As part of the 159th Guriy Infantry Regiment, Lazarev participated in the Russo-Turkish War (1877–1878), participated in the Battle of Kars. In 1880 he became a non-commissioned officer and met with Leo Tolstoy. In 1884, Lazarev was arrested for participating in the Narodnaya Volya military organization, and was visited by Tolstoy in Butyrka prison. Lazarev was administratively exiled to the Trans-Baikal village of Tataurovskoe for three years. Lazarev was released on July 8, 1887, with the prohibition of residing in a number of cities of the Russian Empire. He returned to his native village, but a year later, on February 19, 1888, was again arrested in Buzuluk because of his links with Narodnaya Volya.

In August 1888, Lazarev was again exiled to Eastern Siberia for five years, but already on July 4, 1890, having met American explorer George Kennan, escaped and emigrated to the United States. In the US, he learned English and worked as a typesetter in Milwaukee. He worked with Kennan on a book and was involved in the Society of Friends of Russian Freedom. In 1894 he moved to London to unite isolated revolutionary groups. At the station, he was met by Nikolai Tchaikovsky.

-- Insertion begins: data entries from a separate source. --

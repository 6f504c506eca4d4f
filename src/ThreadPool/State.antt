-- ===== src/ThreadPool/State.antt =====
-- Labweek15/threadpools.c: what holds in every state that the pool reaches.
use operating_system_homewor.Prelude.{
  ℕ, ◌+◌, ◌%◌, ◌≤◌, ◌<◌, ◌≡◌, ◌&&◌, ltb, leb, ◌==◌, if◌then◌else◌, count, total,
}
use operating_system_homewor.ThreadPool.{
  threads_num, task_queue_max_size, task_num, Pc, w_wait, w_post_last, w_exit, w_count, w_take,
  w_front, w_post, w_run, Main, looping, adding, putting, moving, joining, finished, numbered,
  System,
}

-- A worker between the two operations on `sem_mutex`.
abbrev pub critical : Pc → ℕ
critical w_wait = 0
critical w_exit = 0
critical (w_run _) = 0
critical _ = 1

-- `task_sum` has been lowered for a task that is not taken yet.
abbrev pub lowered : Pc → ℕ
lowered w_take = 1
lowered (w_front _ _) = 1
lowered _ = 0

-- A worker that has seen a task that nobody else can take.
abbrev pub sure_task : Pc → ℕ
sure_task w_count = 1
sure_task w_take = 1
sure_task (w_front _ _) = 1
sure_task _ = 0

-- A worker that has taken task `n` and not yet run it.
abbrev pub holds : ℕ → Pc → ℕ
holds n (w_post t) = if t.arg == n then 1 else 0
holds n (w_run t) = if t.arg == n then 1 else 0
holds n _ = 0

-- The tasks that are in the queue or have been there.
abbrev pub added : Main → ℕ
added (looping i) = i
added (adding i) = i
added (putting i) = i
added (moving i _) = i
added joining = task_num
added finished = task_num

-- A task that is in its place and not yet counted by `rear`.
abbrev pub placed : Main → ℕ
placed (moving _ _) = 1
placed _ = 0

-- A place that `main` has seen to be free.
abbrev pub sure_room : Main → ℕ
sure_room (putting _) = 1
sure_room (moving _ _) = 1
sure_room _ = 0

-- Task `n` is among the first `t`.
abbrev pub due : ℕ → ℕ → ℕ
due t n = if ltb 0 n && leb n t then 1 else 0

-- The live variables of a worker, when `t` tasks have been taken.
abbrev pub Local : ℕ → Pc → Type 0
Local t (w_front f x) = (f ≡ t % task_queue_max_size) × (x ≡ numbered (t + 1))
Local t w_post_last = t ≡ task_num
Local t w_exit = t ≡ task_num
Local t _ = Unit

abbrev pub LocalMain : ℕ → Main → Type 0
LocalMain r (looping i) = i ≤ task_num
LocalMain r (adding i) = i < task_num
LocalMain r (putting i) = i < task_num
LocalMain r (moving i r') = (i < task_num) × (r' ≡ r)
LocalMain r _ = Unit

pub record Inv (s : System) : Type 0 where
  pub taken : ℕ  -- how many tasks have left the queue
  pub lock : s.shared.pools.sem_mutex + total critical threads_num s.pc ≡ 1
  pub sum : s.shared.pools.task_sum + taken + total lowered threads_num s.pc ≡ task_num
  pub front : s.shared.pools.task_queue.front ≡ taken % task_queue_max_size
  pub rear : s.shared.pools.task_queue.rear ≡ added s.main % task_queue_max_size
  pub enough : taken + total sure_task threads_num s.pc ≤ added s.main
  pub room : added s.main + sure_room s.main < taken + task_queue_max_size
  pub queued :
      (k : ℕ)
      → taken ≤ k
      → k < added s.main + placed s.main
      → s.shared.pools.task_queue.tasks (k % task_queue_max_size) ≡ numbered (k + 1)
  pub once : (n : ℕ) → count n s.shared.dealt_with + total (holds n) threads_num s.pc ≡ due taken n
  pub local : (i : ℕ) → i < threads_num → Local taken (s.pc i)
  pub local_main : LocalMain s.shared.pools.task_queue.rear s.main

Lazarev then went to Paris, but under pressure from the Russian authorities, he was arrested and expelled from France on July 12, 1894. In the summer of 1895, Lazarev moved to Switzerland, where he married Yulia Alexandrovna Lakier, and settled in the town of Clarens.

During the 1905 Russian Revolution, Lazarev was in Russia, was a member of the Peasant Commission under the Central Committee of the Socialist Revolutionary Party and was one of the experts of the Social Revolutionary group at the Second Duma, but in 1907 he again left for Switzerland. In 1909, Lazarev returned to St. Petersburg, where he began working as a secretary for the editors of the Knowledge Herald magazine. In 1910 he was arrested and for the third time exiled to Siberia. Lazarev returned to Russia in 1917 where he witnessed Lenin's arrival by train.

He did not accept the October Revolution, however, and struggled against the Bolsheviks. He became Minister of Education in the Committee of Members of the Constituent Assembly in Samara Governorate. In 1919 he left Russia for Prague, where he published the journal Volya Rossii (The Will of Russia). He died in Prague in 1937.